Is it better to Auto-Genarate your New Member's User/Password? - GoFuckYourself.com

RyuLion · 04-20-2009, 01:52 PM

Please vote.

The advantage of auto-gen is, its a strong password vs. they usually choose a easy one which gets hacked.

MaDalton · 04-20-2009, 01:53 PM

yes

45678

psili · 04-20-2009, 02:02 PM

I hate auto-generated passwords... just more crap I have to hunt down and change. If a site auto generates my pass, and also requires an email confirmation link I need to click, I hate the site. Email confirmation is one thing, but I can't see how auto-generating something I should create myself; my login credentials, regardless of how retarded they may be, should be left up to me.

Really, how is "asd%$#908sd!!" as a password different from "fuck" when both can get posted somewhere or pasted into a scraper?

RyuLion · 04-20-2009, 02:04 PM

Quote:

Originally Posted by psili

I hate auto-generated passwords... just more crap I have to hunt down and change. If a site auto generates my pass, and also requires an email confirmation link I need to click, I hate the site. Email confirmation is one thing, but I can't see how auto-generating something I should create myself; my login credentials, regardless of how retarded they may be, should be left up to me.

Really, how is "asd%$#908sd!!" as a password different from "fuck" when both can get posted somewhere or pasted into a scraper?

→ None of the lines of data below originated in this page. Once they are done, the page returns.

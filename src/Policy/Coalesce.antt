-- ===== src/Policy/Coalesce.antt =====
-- Which applications `delegation_decisions` finds eligible: grouping by alias, coalescing and
-- sorting lose none and add none.
use extra_codeowners.Prelude.{
  Bool, not, ◌&&◌, ◌||◌, List, [], ◌∷◌, ◌++◌, ◌≡◌, refl, ap, ◌∙◌, arith, list_eq, nat_eq,
  if◌then◌else◌, none, some, any, all, keep, contains, Dict, lookup, assign, map, sort, any-map,
  any-sort, any-append, any-congr, eq_of_beq,
}
use extra_codeowners.Text.{Str}
use extra_codeowners.Models.Policies.{Delegation}
use extra_codeowners.Policy.Decision.{
  DelegationDecision, is_nil, label_reason, missing_labels, forbidden_present, label_decision,
  somes, append_at, group_by_app, coalesce, alias_le,
}

-- every required label is there, and no forbidden one
unfoldable pub labels_allow : Delegation → List Str → Bool
labels_allow rule labels =
    all (λ label. contains labels label) rule.required_labels
    && not (any (λ label. contains labels label) rule.forbidden_labels)

is_nil-keep-not : (p : Str → Bool) (xs : List Str) → is_nil (keep (λ x. not (p x)) xs) ≡ all p xs
unfolding is_nil keep all
is_nil-keep-not p [] = refl
is_nil-keep-not p (x ∷ xs) = ground (arith, is_nil-keep-not p xs)

is_nil-keep : (p : Str → Bool) (xs : List Str) → is_nil (keep p xs) ≡ not (any p xs)
unfolding is_nil keep any
is_nil-keep p [] = refl
is_nil-keep p (x ∷ xs) = ground (arith, is_nil-keep p xs)

is_nil-label_reason :
    (m n : Str) (xs ys : List Str)
    → is_nil (label_reason m xs ++ label_reason n ys) ≡ (is_nil xs && is_nil ys)
unfolding is_nil label_reason
is_nil-label_reason m n [] [] = refl
is_nil-label_reason m n [] (y ∷ ys) = refl
is_nil-label_reason m n (x ∷ xs) ys = refl

-- a delegation is eligible exactly when its label conditions hold
pub eligible-label_decision :
    (rule : Delegation) (labels : List Str)
    → (label_decision rule labels).eligible ≡ labels_allow rule labels
unfolding label_decision labels_allow
eligible-label_decision rule labels =
    is_nil-label_reason _ _ (missing_labels rule labels) (forbidden_present rule labels)
    ∙ ap (λ b. b && is_nil (forbidden_present rule labels))
        (is_nil-keep-not (contains labels) rule.required_labels)
    ∙ ap (λ b. all (λ label. contains labels label) rule.required_labels && b)
        (is_nil-keep (contains labels) rule.forbidden_labels)

module _ (q : Str → Bool) where
  -- an eligible decision of an alias that `q` accepts
  abbrev pub accepts : DelegationDecision → Bool
  accepts decision = decision.eligible && q decision.app_alias

  abbrev group_accepts : Str × List DelegationDecision → Bool
  group_accepts (alias, decisions) = any (λ decision. decision.eligible) decisions && q alias

  accepts-coalesce :
      (group : Str × List DelegationDecision) → accepts (coalesce group) ≡ group_accepts group
  unfolding coalesce
  accepts-coalesce (alias, decisions) = ground arith

  any-assign :
      (d : DelegationDecision) (by_app : Dict Str (List DelegationDecision))
      → any group_accepts (assign d.app_alias (append_at (lookup d.app_alias by_app) d) by_app)
        ≡ (any group_accepts by_app || accepts d)
  unfolding any assign lookup append_at
  any-assign d [] = ground arith
  any-assign d ((j, w) ∷ by_app) = ground (
    arith,
    any-assign d by_app,
    eq_of_beq j d.app_alias,
    any-append (λ (x : DelegationDecision). x.eligible) w (d ∷ []),
  )

  any-group_by_app :
      (by_app : Dict Str (List DelegationDecision)) (decisions : List DelegationDecision)
      → any group_accepts (group_by_app by_app decisions)
        ≡ (any group_accepts by_app || any accepts decisions)
  unfolding group_by_app any
  any-group_by_app by_app [] = ground arith
  any-group_by_app by_app (d ∷ decisions) = ground (
    arith,
    any-assign d by_app,
    any-group_by_app (assign d.app_alias (append_at (lookup d.app_alias by_app) d) by_app)
        decisions,
  )

  pub any-coalesced :
      (decisions : List DelegationDecision)
      → any accepts (map coalesce (sort alias_le (group_by_app [] decisions)))
        ≡ any accepts decisions
  unfolding any
  any-coalesced decisions =
      any-map accepts coalesce (sort alias_le (group_by_app [] decisions))
      ∙ any-congr (λ group. accepts (coalesce group)) group_accepts _ accepts-coalesce
      ∙ any-sort alias_le group_accepts (group_by_app [] decisions)
      ∙ any-group_by_app [] decisions

  pub any-somes_if {ℓ} :
      {A : Type ℓ} (test : A → Bool) (f : A → DelegationDecision) (xs : List A)
      → any accepts (somes (map (λ x. if test x then some (f x) else none) xs))
        ≡ any (λ x. test x && accepts (f x)) xs
  unfolding any somes
  any-somes_if test f [] = refl
  any-somes_if test f (x ∷ xs) = ground (arith, any-somes_if test f xs)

right from the horses mouth! nice!

MaDalton · 04-20-2009, 02:07 PM

Quote:

Originally Posted by psili

I hate auto-generated passwords... just more crap I have to hunt down and change. If a site auto generates my pass, and also requires an email confirmation link I need to click, I hate the site. Email confirmation is one thing, but I can't see how auto-generating something I should create myself; my login credentials, regardless of how retarded they may be, should be left up to me.

Really, how is "asd%$#908sd!!" as a password different from "fuck" when both can get posted somewhere or pasted into a scraper?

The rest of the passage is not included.